Can You Test AI Output Quality the Same Way You Test Code?

What happens when you add a formal eval layer — golden I/O tests and heuristic quality checks — to an AI-assisted PM framework?

29 / 29

eval cases green on first run (4 AI subsystems)

Context

By framework v4.3, the PM workflow had proven it could ship features fast. But "fast" is meaningless if the AI outputs are wrong. Unit tests verified that code compiled and functions returned expected values — but nobody was testing whether the AI's readiness scores fell in sane ranges, whether recommendation copy matched the user's context, or whether confidence gates fired at the right thresholds. The eval layer was an attempt to close that gap: treat AI output quality as a testable property, not an assumption.

The Problem

Before v4.4, AI quality verification was binary: "build passes, tests pass." But those tests checked code correctness, not output quality. A readiness score that returned 0.99 for a sleep-deprived user with elevated resting heart rate would pass every unit test — the function returned a float in range. The eval layer needed to assert behavioral contracts: given this input profile, the score should fall in this range, the copy should use this tone, the confidence badge should show this level.

The Approach

2-layer design:

Layer 1 (XCTest evals): Golden I/O tests (exact input → expected output range) and heuristic quality checks (output properties that should always hold). 29 eval cases across 4 files covering readiness scoring, AI output quality, tier behavior, and user profile integrity.
Layer 2 (monitoring schema): A structured ai_quality_metrics schema that captures eval results per feature, making quality trends visible across the project's lifetime.

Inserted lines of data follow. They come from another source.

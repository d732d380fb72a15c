-- ===== src/Controller/Frame/Requests.antt =====
-- A reconciliation writes the status only, and the finalizer guards what it does outside.
use artifact_controller.Prelude.{String, arith}
use artifact_controller.Prelude.Int.{ℤ}
use artifact_controller.Prelude.Result.{Result, ok, err}
use artifact_controller.Toolkit.{Toolkit, Input}
use artifact_controller.Api.ArtifactClass.{ArtifactClass}
use artifact_controller.Store.{Observation, Driver}
use artifact_controller.Controller.Session.{Cluster, Session}
use artifact_controller.Controller.Run.{delete_abandoned_run}
use artifact_controller.Controller.Existing.{
  reconcile_existing, accept_existing, key_conflict, become_ready, rebaseline, record_drift,
}
use artifact_controller.Controller.Removal.{
  reconcile_expired, expire_observed, delete_expired, park_expired,
}
use artifact_controller.Controller.Reconcile.{
  dispatch, observe_store, with_driver, with_key, with_class, reconcile_active, reconcile,
  note_generation, suspended, honor_retry, cancel_for_observe, expire_ttl,
}
use artifact_controller.Controller.Frame.Attempts.{
  SameButStatus, reconcile_missing-frame, missing_observed-frame,
}

module _ {k : Toolkit} (c : Cluster) where
  accept_existing-frame :
      (class : ArtifactClass) (obs : Observation) (in_ : Input) (now : ℤ) (s : Session k)
      → SameButStatus s.obj (accept_existing k c class obs in_ now s).0.obj
  unfolding accept_existing become_ready rebaseline record_drift
  accept_existing-frame class obs in_ now s = grind (arith, reconcile_missing-frame)

  dispatch-frame :
      (class : ArtifactClass) (in_ : Input) (now : ℤ) (obs : Observation) (s : Session k)
      → SameButStatus s.obj (dispatch k c class in_ now obs s).0.obj
  unfolding dispatch reconcile_existing key_conflict
  dispatch-frame class in_ now obs s = grind (
    arith,
    accept_existing-frame class obs in_ now s,
    reconcile_missing-frame c class in_ now s,
    missing_observed-frame c in_ s,
  )

  observe_store-frame :
      (class : ArtifactClass) (driver : Driver) (in_ : Input) (now : ℤ) (s : Session k)
      → SameButStatus s.obj (observe_store k c class driver in_ now s).0.obj
  unfolding observe_store
  observe_store-frame class driver in_ now s = grind (arith, dispatch-frame)

  reconcile_expired-frame :
      (class : ArtifactClass) (driver : Driver) (key h : String) (d now : ℤ) (s : Session k)
      → SameButStatus s.obj (reconcile_expired k c class driver key h d now s).0.obj
  unfolding reconcile_expired expire_observed delete_expired park_expired
  reconcile_expired-frame class driver key h d now s = ground arith

  with_driver-frame :
      (class : ArtifactClass) (r : Result Driver) (in_ : Input) (now age : ℤ) (s : Session k)
      → SameButStatus s.obj (with_driver k c class r in_ now age s).0.obj
  unfolding with_driver
  with_driver-frame class (ok driver) in_ now age s =
      grind (arith, reconcile_expired-frame, observe_store-frame)
  with_driver-frame class (err e) in_ now age s = ground arith

  with_key-frame :
      (class : ArtifactClass) (in_ : Input) (now : ℤ) (s : Session k)
      → SameButStatus s.obj (with_key k c class in_ now s).0.obj
  unfolding with_key expire_ttl
  with_key-frame class in_ now s = grind (arith, with_driver-frame)

  with_class-frame :
      (r : Result ArtifactClass) (now : ℤ) (s : Session k)
      → SameButStatus s.obj (with_class k c r now s).0.obj
  unfolding with_class
  with_class-frame (ok class) now s = grind (arith, with_key-frame)
  with_class-frame (err e) now s = ground arith

  cancel_for_observe-frame : (s : Session k) → SameButStatus s.obj (cancel_for_observe k c s).0.obj
  unfolding cancel_for_observe delete_abandoned_run
  cancel_for_observe-frame s = ground arith

  honor_retry-frame : (s : Session k) → SameButStatus s.obj (honor_retry k c s).obj
  unfolding honor_retry
  honor_retry-frame s = ground arith

  reconcile_active-frame :
      (now : ℤ) (s : Session k) → SameButStatus s.obj (reconcile_active k c now s).0.obj
  unfolding reconcile_active
  reconcile_active-frame now s =
      grind (arith, honor_retry-frame s, cancel_for_observe-frame, with_class-frame)

  pub reconcile-frame : (s : Session k) → SameButStatus s.obj (reconcile k c s).0.obj
  unfolding reconcile note_generation suspended
  reconcile-frame s = grind (arith, reconcile_active-frame)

6-phase skill lifecycle: The framework's skill lifecycle expanded from 5 phases to 6, inserting an Eval phase between Implementation and Review. Eval definitions happen at task planning, execution at testing, analysis at the learn phase — creating a closed loop.

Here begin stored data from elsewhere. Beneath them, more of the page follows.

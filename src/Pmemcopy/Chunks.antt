-- ===== src/Pmemcopy/Chunks.antt =====
-- What the two phases of pmdk/rw_sep.c copy, as long as all reads succeed.
use rw_sep.Prelude.{
  ℕ, zero, suc, ◌≡◌, refl, sym, ap, ◌∙◌, Bool, true, false, some, List, [], ◌∷◌, length, replicate,
}
use rw_sep.Pmemcopy.{
  System, Locals, Phase, and_then, read_once, write_once, read_loop, write_loop, mixed_loop, test,
}

-- What a read leaves: the buffer, and how much of it is new.
abbrev pub Chunk : Type 0
Chunk = List ℕ × ℕ

abbrev pub last_or : Chunk → List Chunk → Chunk
last_or c [] = c
last_or c (d ∷ cs) = last_or d cs

module _ (sys : System) where
  -- Successful reads in a row from a file and a buffer, and the file in the end.
  pub data Reads : sys.File → List ℕ → List Chunk → sys.File → Type 0 where
    no_more : (f : sys.File) (buf : List ℕ) → Reads f buf [] f
    and_more :
        (f : sys.File) (buf : List ℕ) (cc : ℕ) (buf' : List ℕ) (f' : sys.File) (cs : List Chunk)
        (f'' : sys.File)
        → sys.read f buf ≡ some (cc, buf', f')
        → Reads f' buf' cs f''
        → Reads f buf ((buf', cc) ∷ cs) f''

  abbrev pub copy : (is_pmem : Bool) → sys.Pmem → Chunk → sys.Pmem
  copy true p c = sys.pmem_memcpy_persist p c.0 c.1
  copy false p c = sys.pmem_msync (sys.memcpy p c.0 c.1) c.1

  -- The chunks copied in turn.
  abbrev pub copy_all : (is_pmem : Bool) → sys.Pmem → List Chunk → sys.Pmem
  copy_all is_pmem p [] = p
  copy_all is_pmem p (c ∷ cs) = copy_all is_pmem (copy is_pmem p c) cs

  abbrev pub locals : sys.File → Chunk → sys.Pmem → Locals sys
  locals f c p = record { srcfd = f; buf = c.0; cc = c.1; pmemaddr = p }

  read_once_chunk :
      (f : sys.File) (c : Chunk) (p : sys.Pmem) (cc : ℕ) (buf' : List ℕ) (f' : sys.File)
      → sys.read f c.0 ≡ some (cc, buf', f')
      → read_once sys (locals f c p) ≡ Phase.going (locals f' (buf', cc) p)
  unfolding read_once
  read_once_chunk f c p cc buf' f' e = rw (e, read_once) refl

  read_loop_chunks :
      (f : sys.File) (buf : List ℕ) (cs : List Chunk) (f' : sys.File)
      → Reads f buf cs f'
      → (cc : ℕ) (p : sys.Pmem)
      → read_loop sys (length cs) (locals f (buf, cc) p)
        ≡ Phase.going (locals f' (last_or (buf, cc) cs) p)
  unfolding read_loop
  read_loop_chunks f buf cs f' (no_more _ _) cc p = refl
  read_loop_chunks f buf cs f'' (and_more _ _ cc' buf' f' ds _ e more) cc p =
      ap (λ r. and_then sys r (read_loop sys (length ds)))
        (read_once_chunk f (buf, cc) p cc' buf' f' e)
      ∙ read_loop_chunks f' buf' ds f'' more cc' p

  write_once-copy :
      (is_pmem : Bool) (f : sys.File) (c : Chunk) (p : sys.Pmem)
      → write_once sys is_pmem (locals f c p) ≡ locals f c (copy is_pmem p c)
  unfolding write_once
  write_once-copy true f c p = refl
  write_once-copy false f c p = refl

  write_loop-copy_all :
      (n : ℕ) (is_pmem : Bool) (f : sys.File) (c : Chunk) (p : sys.Pmem)
      → write_loop sys n is_pmem (locals f c p) ≡ locals f c (copy_all is_pmem p (replicate n c))
  unfolding write_loop
  write_loop-copy_all zero is_pmem f c p = refl
  write_loop-copy_all (suc n) is_pmem f c p =
      ap (write_loop sys n is_pmem) (write_once-copy is_pmem f c p)
      ∙ write_loop-copy_all n is_pmem f c (copy is_pmem p c)

  mixed_loop_chunks :
      (is_pmem : Bool) (f : sys.File) (buf : List ℕ) (cs : List Chunk) (f' : sys.File)
      → Reads f buf cs f'
      → (cc : ℕ) (p : sys.Pmem)
      → mixed_loop sys (length cs) is_pmem (locals f (buf, cc) p)
        ≡ Phase.going (locals f' (last_or (buf, cc) cs) (copy_all is_pmem p cs))
  unfolding mixed_loop
  mixed_loop_chunks is_pmem f buf cs f' (no_more _ _) cc p = refl
  mixed_loop_chunks is_pmem f buf cs f'' (and_more _ _ cc' buf' f' ds _ e more) cc p =
      ap (λ r. and_then sys r (λ t. mixed_loop sys (length ds) is_pmem (write_once sys is_pmem t)))
        (read_once_chunk f (buf, cc) p cc' buf' f' e)
      ∙ ap (mixed_loop sys (length ds) is_pmem) (write_once-copy is_pmem f' (buf', cc') p)
      ∙ mixed_loop_chunks is_pmem f' buf' ds f'' more cc' (copy is_pmem p (buf', cc'))

  -- A round of the outer loop whose reads succeed, N_RW / 2 in each phase: the first phase copies
  -- the last of its chunks N_RW / 2 times and no other, the second one copies each of its own.
  pub test_copies :
      (half : ℕ) (is_pmem : Bool) (f f' f'' : sys.File) (c : Chunk) (p : sys.Pmem)
      (first second : List Chunk)
      → length first ≡ half
      → length second ≡ half
      → Reads f c.0 first f'
      → Reads f' (last_or c first).0 second f''
      → test sys half is_pmem (locals f c p)
        ≡ Phase.going (
            locals f''
              (last_or (last_or c first) second)
              (copy_all is_pmem (copy_all is_pmem p (replicate half (last_or c first))) second))
  unfolding test
  test_copies half is_pmem f f' f'' c p first second e e' reads reads' =
      ap (λ r. and_then sys r (λ t. mixed_loop sys half is_pmem (write_loop sys half is_pmem t)))
        (ap (λ (n : ℕ). read_loop sys n (locals f c p)) (sym e)
          ∙ read_loop_chunks f c.0 first f' reads c.1 p)
      ∙ ap (mixed_loop sys half is_pmem) (write_loop-copy_all half is_pmem f' (last_or c first) p)
      ∙ ap
          (λ (n : ℕ).
            mixed_loop sys n is_pmem
              (locals f' (last_or c first) (copy_all is_pmem p (replicate half (last_or c first)))))
          (sym e')
      ∙ mixed_loop_chunks is_pmem f' (last_or c first).0 second f'' reads' (last_or c first).1
          (copy_all is_pmem p (replicate half (last_or c first)))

Implementation: 45 minutes total. 15 minutes for the spec, 25 minutes for 3 eval files (20 cases), 5 minutes for framework docs. A 4th eval file (9 more cases) was added 10 minutes later during the next feature.

Key Metrics

Metric	Value
Wall time	~55 min (including follow-on eval file)
Eval cases	29 across 4 files
Eval pass rate	100% (29/29 green on first run)
Complexity Units	12.6
Velocity	4.37 min/CU (+71% vs baseline)
Framework lifecycle change	5-phase → 6-phase (added Eval)
Coverage gaps identified	3 subsystems with zero eval coverage

What the Eval Layer Caught

File	Tests	Category	What It Asserts
ReadinessFormulaEvals	7	Golden I/O	Score ranges, band assignments, goal-aware shifts, cold start behavior, contradictory signal handling
AIOutputQualityEvals	7	Heuristic	Signal coverage, no raw keys in UI strings, copy length bounds, tone matching, confidence badge accuracy
AITierBehaviorEvals	6	Tier behavior	Local fallback works, confidence gate fires at 0.4 boundary, empty/stale snapshot handling
ProfileEvals	9	Golden I/O + heuristic	Minimal/full profile handling, goal mutation, enum completeness, analytics prefix compliance

The confidence gate boundary test — 0.39 fails, 0.41 passes, exact 0.4 passes — is the kind of edge case that escapes unit tests but breaks real user experiences.

What This Proved About the Framework

Eval patterns are reusable across features. The 4th eval file was written in 10 minutes by following the testEval_ convention from the first 3. The pattern scales without additional design work.
Quality infrastructure can be free. The eval phase added zero measurable overhead to feature delivery. Eval tests compile and run in under 1 second. The framework got more rigorous without getting slower.
Coverage gaps become visible. Once you formalize what's tested, the gaps are obvious: nutrition recommendations, training plan suggestions, and cohort intelligence had zero eval coverage. The eval layer didn't just test — it created a map of what's untested.
The closed loop works. Define quality criteria at planning → build → verify against criteria → learn from results. This cycle prevents the "ship fast, discover quality problems later" pattern.

Key Takeaways

AI output quality is testable. Golden I/O tests and heuristic checks work the same way for AI outputs as they do for traditional code — you just need to define what "correct" means for probabilistic outputs.
Adding a quality phase to the lifecycle cost nothing in delivery speed because eval tests parallelize with other test work.
The 4.37 min/CU velocity at v4.4 showed that framework improvements compound: each version adds capability without adding cost, because the new capabilities are designed to run in parallel with existing work.